Question

Huge matrix memory issue

0

Entering edit mode

7.3 years ago

dr_bantz ▴ 110

Hi everyone,

I have a WGS dataset consisting of ~2000 samples. I want to look at the co-occurrence of mutations (ie. how often a given pair of genes is mutated in the same strain). The way I'm doing this requires the creation of a 30,000 X 30,000 matrix to represent all pairwise comparisons of genes in the genome. I tried this in R but it just stalls.

Any suggestions? I'm most proficient and R and Python but I've been looking for an excuse to learn C/C++/Java for ages so this might be a good opportunity. Also, I have access to a compute cluster (which includes, amongst other things, some 96GB nodes).

Thanks in advance for your help!

genome • 1.6k views

ADD COMMENT • link 7.3 years ago by dr_bantz ▴ 110

0

Entering edit mode

What is it you're trying to do ? Do you want to compute this matrix or do you have it already and want to process it in some ways ? In the first instance, you could parallelize the computation of the matrix e.g. by row and reassemble the pieces you need in a full matrix at the end. If most of the elements are 0, you could try using a sparse matrix format (see for example the Matrix package in R). However, a 30 000 x 30 000 matrix should require "only" ~7 GB of RAM (assuming 8 bytes per cell).

ADD REPLY • link 7.3 years ago by Jean-Karim Heriche 27k

0

Entering edit mode

Each i,jth cell would contain the number of times gene i and gene j are mutated in the same train, so this would be have to be computed. The plan is to then make a second matrix with the Poisson probability for the value i,j based on the occurrence of mutation in gene i and j. Your parallelization idea might work nicely.

ADD REPLY • link 7.3 years ago by dr_bantz ▴ 110

0

Entering edit mode

R isn't anywhere near memory efficient. It's going to need more RAM than we can estimate. I suggest this task be computed as a list of genes, so each is a separate entity that does not need to be kept in memory. Call an optimized program like bedtools to calculate each row for you in one step.

ADD REPLY • link 7.3 years ago by karl.stamm 4.1k

0

Entering edit mode

At least on my Mac, R 3.3.2 appears to deal with matrices in an efficient way:

m <- matrix(numeric(2.3),nrow = 30000, ncol=30000) 
object.size(m)
7200000200 bytes

which is ~7 GB.

ADD REPLY • link 7.3 years ago by Jean-Karim Heriche 27k

0

Entering edit mode

instead of a matrix can't you use a table with 3 columns LEFT TOP VALUE and then use the common linux tools ?

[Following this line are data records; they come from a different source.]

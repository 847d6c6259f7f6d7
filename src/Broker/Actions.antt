-- ===== src/Broker/Actions.antt =====
-- `execute_action` and the actions that stand by themselves: the recoveries, and the check of
-- Windows' components.
pub mod Execute
pub mod Dispatch
use desktop_pc24x7_runtime.Prelude.{
  ℕ, Option, none, some, List, [], ◌∷◌, String, ◌==◌, Bool, true, false, not, ◌&&◌, ◌||◌, contains,
  eqb, if◌then◌else◌,
}
use desktop_pc24x7_runtime.Json.{
  Json, null, bool, num, text, get, is_dict, is_true, is_text, truthy, object,
}
use desktop_pc24x7_runtime.Result.{Result, ok, raised, broker_error, other_error, Exception}
use desktop_pc24x7_runtime.Effect.{
  Effect, pure, fail, fail_if, lift, reads, attempt, handle, ◌>>=◌, ◌>>◌,
}
use desktop_pc24x7_runtime.Text.{Python, str_or_empty}

pub record Completed : Type 0 where
  pub returncode : ℕ
  pub stdout : String

-- An evidence file: not there, not readable (with the exception of its reading), or its JSON.
pub data File : Type 0 where
  absent : File
  unreadable : Exception → File
  holds : Json → File

-- What the actions call. The first eight are the actions that have a part of their own.
pub record Services (W : Type 0) : Type 0 where
  pub python : Python
  pub status : Effect W Json
  pub activate_watchdog : Effect W Json
  pub self_refresh : Effect W Json
  pub qualify_orchestrator_runner_acl : String → Effect W Json
  pub is_windows : Bool
  pub bootstrap_is_file : W → Bool
  -- The runs of the bootstrap, of the recovery script and of the three checks.
  pub run_bootstrap : Effect W Completed
  pub run_recovery : String → Effect W Completed
  pub run_check : String → Effect W ℕ
  -- line.strip() of the lines of stdout, the last one first.
  pub reversed_lines : String → List String
  pub starts_and_ends_with_braces : String → Bool
  pub json_loads : String → Option Json
  pub rdc_evidence : String → W → File
  pub health_evidence : String → W → File
  pub write_health_evidence : String → Json → Effect W Unit
  pub configci_present : W → Bool
  pub cipolicy_schema_present : W → Bool
  -- s[:n]
  pub cut : ℕ → String → String
  -- watchdog_runtime_metadata().is_file(), and the functions of the installed watchdog.
  pub watchdog_is_file : W → Bool
  pub watchdog_cycle : Effect W Json
  pub watchdog_task_status : Effect W Json
  pub run_watchdog_task : Effect W Json
  pub correlation_id : ℕ → String

module _ {W : Type 0} (services : Services W) where
  open services use {python}

  -- The last line of the output that is a dict.
  unfoldable pub last_dict : List String → Option Json
  last_dict [] = none
  last_dict (line ∷ lines) =
      let rest = last_dict lines in
      if services.starts_and_ends_with_braces line
      then (elim (services.json_loads line) [
        | none ↦ rest
        | some candidate ↦ if is_dict candidate then some candidate else rest
      ])
      else rest

  abbrev pub or_unknown : Json → String
  or_unknown value = if truthy value then python.str value else "unknown"

  -- Whether the runner's own recovery is proved.
  abbrev pub is_locally_recovered : Json → Bool
  is_locally_recovered payload =
      is_true (get "local_recovery_ok" payload)
      && (is_true (get "runner_running" payload) && is_true (get "github_pickup_required" payload))

  abbrev pub bootstrap_succeeded : ℕ → Json → Bool
  bootstrap_succeeded code payload =
      (eqb code 0 && is_true (get "ok" payload))
      || ((eqb code 0 || eqb code 3) && is_locally_recovered payload)

  abbrev runner_report : Json → Json
  runner_report payload = object (
      ("handler", text "recover-runner")
      ∷ ("bootstrap_state", text (services.cut 120 (or_unknown (get "state" payload))))
      ∷ ("runner_running", bool (truthy (get "runner_running" payload)))
      ∷ ("local_recovery_ok", bool (truthy (get "local_recovery_ok" payload)))
      ∷ ("github_pickup_required", bool (truthy (get "github_pickup_required" payload)))
      ∷ ("github_pickup_proven", bool false)
      ∷ ("runner_registry_present", get "runner_registry_present" payload)
      ∷ (
        "runner_registry_status",
        text (services.cut 40 (or_unknown (get "runner_registry_status" payload))),
      )
      ∷ ("runner_registry_labels_ok", get "runner_registry_labels_ok" payload)
      ∷ ("runner_registered_now", bool (truthy (get "runner_registered_now" payload)))
      ∷ ("runner_started_now", bool (truthy (get "runner_started_now" payload)))
      ∷ [])

  -- An empty dict is no evidence.
  abbrev pub judge_bootstrap : ℕ → Option Json → Effect W Json
  judge_bootstrap code none = fail broker_error "runner_bootstrap_evidence_missing"
  judge_bootstrap code (some payload) = do
    fail_if (not (truthy payload)) broker_error "runner_bootstrap_evidence_missing"
    fail_if (not (bootstrap_succeeded code payload)) broker_error "runner_bootstrap_failed"
    pure (runner_report payload)

  unfoldable pub recover_runner : Effect W Json
  unfolding last_dict
  recover_runner = do
    there ← reads services.bootstrap_is_file
    fail_if (not there) broker_error "runner bootstrap governado ausente na release"
    completed ← services.run_bootstrap
    judge_bootstrap completed.returncode (last_dict (services.reversed_lines completed.stdout))

  abbrev dict_of : File → Effect W Json
  dict_of absent = pure null
  dict_of (unreadable exc) = lift (raised exc)
  dict_of (holds value) = pure value

  -- payload.get of what is no dict raises; without the file the dict is empty.
  abbrev is_ok_dict : File → Json → Effect W Bool
  is_ok_dict absent value = pure false
  is_ok_dict _ value =
      if is_dict value
      then pure (is_true (get "ok" value))
      else fail (other_error "AttributeError") "get"

  unfoldable pub recover_rdc : String → Effect W Json
  recover_rdc correlation_id = do
    completed ← services.run_recovery correlation_id
    file ← reads (services.rdc_evidence correlation_id)
    payload ← dict_of file
    proved ← if eqb completed.returncode 0 then is_ok_dict file payload else pure false
    fail_if (not proved) broker_error "recuperação governada do RDC falhou"
    pure (
        object (
          ("handler", text "recover-rdc")
          ∷ ("mode", get "mode" payload)
          ∷ ("owner", get "owner" payload)
          ∷ ("fallback_armed", bool (truthy (get "fallback_armed" payload)))
          ∷ []))

  abbrev is_runner_recovered : Json → Bool
  is_runner_recovered cycle =
      is_true (get "runner_recovery_ok" cycle)
      || (is_text (get "status" (get "github_runner" cycle)) "recovered"
          || is_text (get "status" (get "github_runner" cycle)) "process_running")

  abbrev is_headless_ready : Json → Bool
  is_headless_ready task =
      is_true (get "exists" task)
      && (is_true (get "trigger_at_startup" task)
          && python.casefold (str_or_empty python (get "logon_type" task)) == "s4u")

  abbrev activation : Json → Effect W Json
  activation task =
      if is_headless_ready task
      then attempt
          (do
            start ← services.run_watchdog_task
            pure (
                object (
                  ("ok", bool true)
                  ∷ ("status", text "already_ready")
                  ∷ ("task", task)
                  ∷ ("start", start)
                  ∷ [])))
          (λ _. pure (
            object (
              ("ok", bool false)
              ∷ ("status", text "persistence_start_failed")
              ∷ ("error_code", text "watchdog_task_start_failed")
              ∷ ("task", task)
              ∷ [])))
      else pure (
          object (
            ("ok", bool false)
            ∷ ("status", text "persistence_pending")
            ∷ ("error_code", text "watchdog_task_not_headless_ready")
            ∷ ("task", task)
            ∷ []))

  unfoldable pub recover_control_plane : Effect W Json
  recover_control_plane = do
    there ← reads services.watchdog_is_file
    fail_if (not there) broker_error "watchdog_metadata_missing"
    cycle ← services.watchdog_cycle
    fail_if (not (is_runner_recovered cycle)) broker_error "runner_recovery_failed"
    task ← services.watchdog_task_status
    active ← activation task
    pure (
        object (
          ("handler", text "recover-control-plane")
          ∷ ("activation", active)
          ∷ ("cycle", cycle)
          ∷ ("github_pickup_required", bool true)
          ∷ ("github_pickup_proven", bool false)
          ∷ ("local_recovery_ok", bool true)
          ∷ []))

ADD REPLY • link 7.3 years ago by Pierre Lindenbaum 163k

score 0 · Answer 1 · 2017-04-10

0

Entering edit mode

7.3 years ago

Girolamo ▴ 140

I assume you have a sparse matrix you could represent the matrix as a combination of three arrays http://btechsmartclass.com/DS/U1_T14.html another possibility is to use shelve https://docs.python.org/2/library/shelve.html

ADD COMMENT • link 7.3 years ago by Girolamo ▴ 140

score 0 · Answer 2 · 2017-04-10

Shane Neph and I came up with a tool called byte-store to store encoded pairwise score data on disk in one byte per comparison, as well as offer random access querying, calculating byte offsets from sort-bed-sorted BED coordinates of interest. The approach in byte-store is useful for generate-once-lookup-often operations, like Monte Carlo sampling, etc.

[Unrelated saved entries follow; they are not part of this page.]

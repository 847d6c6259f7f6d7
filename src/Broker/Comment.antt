-- ===== src/Broker/Comment.antt =====
-- `authorize_comment`: which comments are commands of the owner.
use desktop_pc24x7_runtime.Prelude.{
  ℕ, ◌+◌, ◌*◌, ◌≤◌, ◌≡◌, ◌↔◌, inl, inr, Bool, not, ◌||◌, Option, none, some, List, [], ◌∷◌, String,
  arith, ◌==◌, eq_iff, ltb, eqb, lookup, if◌then◌else◌,
}
use desktop_pc24x7_runtime.Json.{Json, get, truthy, is_dict, obj, end}
use desktop_pc24x7_runtime.Result.{
  Result, ok, raise, broker_error, value_error, other_error, Result-cases, ◌>>=◌,
}
use desktop_pc24x7_runtime.Text.{Python, Stamp, second, replace_z, str_or_empty}

abbrev pub expected_actor : String
expected_actor = "ericson-j-santos"

abbrev pub expected_association : String
expected_association = "OWNER"

abbrev pub max_comment_age_seconds : ℕ
max_comment_age_seconds = 1800

abbrev pub allowed_commands : List (String × String)
allowed_commands =
    ("/desktop-runtime admin status", "status")
    ∷ ("/desktop-runtime admin recover-rdc", "recover-rdc")
    ∷ ("/desktop-runtime admin recover-runner", "recover-runner")
    ∷ ("/desktop-runtime admin recover-control-plane", "recover-control-plane")
    ∷ ("/desktop-runtime admin activate-watchdog", "activate-watchdog")
    ∷ ("/desktop-runtime admin refresh-self", "refresh-self")
    ∷ ("/desktop-runtime admin windows-component-health", "windows-component-health")
    ∷ ("/desktop-runtime admin qualify-orchestrator-runner-acl", "qualify-orchestrator-runner-acl")
    ∷ []

-- value.get(key) of a value that may be no dict.
unfoldable pub get_or_raise : String → Json → Result Json
get_or_raise key value =
    if is_dict value then ok (get key value) else raise (other_error "AttributeError") key

-- value or {}
abbrev pub or_empty_dict : Json → Json
or_empty_dict value = if truthy value then value else obj end

abbrev aware_instant : Option Stamp → Result ℕ
aware_instant none = raise value_error "Invalid isoformat string"
aware_instant (some stamp) =
    if stamp.aware then ok stamp.instant else raise broker_error "timestamp GitHub sem timezone"

module _ (python : Python) where
  unfoldable pub parse_github_time : String → Result ℕ
  parse_github_time value = aware_instant (python.fromisoformat (replace_z value))

  -- The instants are in microseconds; an age below -60 seconds is a comment from the future.
  abbrev outside_window : ℕ → ℕ → ℕ → Bool
  outside_window not_before reference created =
      ltb created not_before
      || (ltb (reference + 60 * second) created
          || ltb (created + max_comment_age_seconds * second) reference)

  unfoldable pub authorize_comment : Json → ℕ → ℕ → Result (Option String)
  authorize_comment comment not_before reference = do
    login ← get_or_raise "login" (or_empty_dict (get "user" comment))
    if not (python.casefold (str_or_empty python login) == python.casefold expected_actor)
        then ok none
        else if not (
            python.upper (str_or_empty python (get "author_association" comment))
            == expected_association)
        then ok none
        else elim (lookup (python.strip (str_or_empty python (get "body" comment)))
            allowed_commands) [
              | none ↦ ok none
              | some action ↦ do
                created ← parse_github_time (str_or_empty python (get "created_at" comment))
                updated ← parse_github_time (str_or_empty python (get "updated_at" comment))
                ok (
                    if not (eqb updated created) || outside_window not_before reference created
                    then none
                    else some action)
            ]

  -- What a comment is that the broker obeys, with the instant at which it was written.
  pub record IsCommand (comment : Json) (not_before reference : ℕ) (action : String) (created : ℕ)
      : Type 0 where
    pub by_owner :
        (login : Json) × (get_or_raise "login" (or_empty_dict (get "user" comment)) ≡ ok login)
        × (python.casefold (str_or_empty python login) ≡ python.casefold expected_actor)
    pub as_owner :
        python.upper (str_or_empty python (get "author_association" comment)) ≡ expected_association
    pub allowed :
        lookup (python.strip (str_or_empty python (get "body" comment))) allowed_commands
        ≡ some action
    pub written : parse_github_time (str_or_empty python (get "created_at" comment)) ≡ ok created
    pub unedited : parse_github_time (str_or_empty python (get "updated_at" comment)) ≡ ok created
    pub after_install : not_before ≤ created
    pub not_future : created ≤ reference + 60 * second
    pub recent : reference ≤ created + max_comment_age_seconds * second

  authorize_comment-IsCommand :
      (comment : Json) (not_before reference : ℕ) (action : String) (login : Json)
      (created updated : ℕ)
      → get_or_raise "login" (or_empty_dict (get "user" comment)) ≡ ok login
      → parse_github_time (str_or_empty python (get "created_at" comment)) ≡ ok created
      → parse_github_time (str_or_empty python (get "updated_at" comment)) ≡ ok updated
      → authorize_comment comment not_before reference ≡ ok (some action)
      → IsCommand comment not_before reference action created
  unfolding authorize_comment
  authorize_comment-IsCommand comment not_before reference action login created updated l c u h =
      ground (
        arith,
        eq_iff (python.casefold (str_or_empty python login)) (python.casefold expected_actor),
        eq_iff (python.upper (str_or_empty python (get "author_association" comment)))
            expected_association,
      )

  -- The broker takes a comment for the command `action` exactly if the owner wrote it, as the owner,
  -- its text is the one of that action, it was never edited, it is not older than the installation,
  -- at most 60 seconds in the future and at most 1800 seconds old.
  pub authorize_comment_iff :
      (comment : Json) (not_before reference : ℕ) (action : String)
      → (authorize_comment comment not_before reference ≡ ok (some action))
        ↔ ((created : ℕ) × IsCommand comment not_before reference action created)
  unfolding authorize_comment
  authorize_comment_iff comment not_before reference action = (
    λ h. elim (Result-cases (get_or_raise "login" (or_empty_dict (get "user" comment)))) [
      | inr (e, p) ↦ ground arith
      | inl (login, l) ↦
          elim (Result-cases (parse_github_time (str_or_empty python (get "created_at" comment)))) [
            | inr (e, p) ↦ ground arith
            | inl (created, c) ↦
                elim (Result-cases
                  (parse_github_time (str_or_empty python (get "updated_at" comment)))) [
                    | inr (e, p) ↦ ground arith
                    | inl (updated, u) ↦ (
                      created,
                      authorize_comment-IsCommand comment not_before reference action login created
                          updated l c u h,
                    )
                  ]
          ]
    ],
    λ (created, command).
        let (login, l, same) = command.by_owner in
        ground (
          arith,
          command,
          eq_iff (python.casefold (str_or_empty python login)) (python.casefold expected_actor),
          eq_iff (python.upper (str_or_empty python (get "author_association" comment)))
              expected_association,
        ),
  )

The byte-store tool includes Pearson r and Spearman's rho correlation scoring functions, which map scores between -1 and 1 to a single byte value. If you want to learn some C, you could write a function pointer that implements a custom pairwise scoring function for your dataset, and you might remap the correlation score range to your dataset's particular score range through an easy rescale function (you specify your min-max and remap a score to this range). Your dataset would be a 900MB file (30k * 30k bytes).

score 0 · Answer 3 · 2017-04-12

Thanks for all the suggestions! In the end I went for a row-by-row appraoch, as suggested by Jean-Karim Heriche karl.stamm. Using this approach as it is would take 10 days to run on the cluster. However, the approach has some helpful advantages, one of which being that I am now able to embarrassingly parallelize the process by assigning subsets of rows to different processors on the cluster. Another trick I used was to remove the first gene of each row after the row has been analysed. This prevents reciprocal gene-gene combinations from being counted twice and effectively converts the matrix into an upper-triangular matrix. Because the rows lower down will be shorter, they will take less time to process, so I can assign more and more rows to a given processor as I iterate through the rows. By employing the above, I got the run time down to ~7 hours.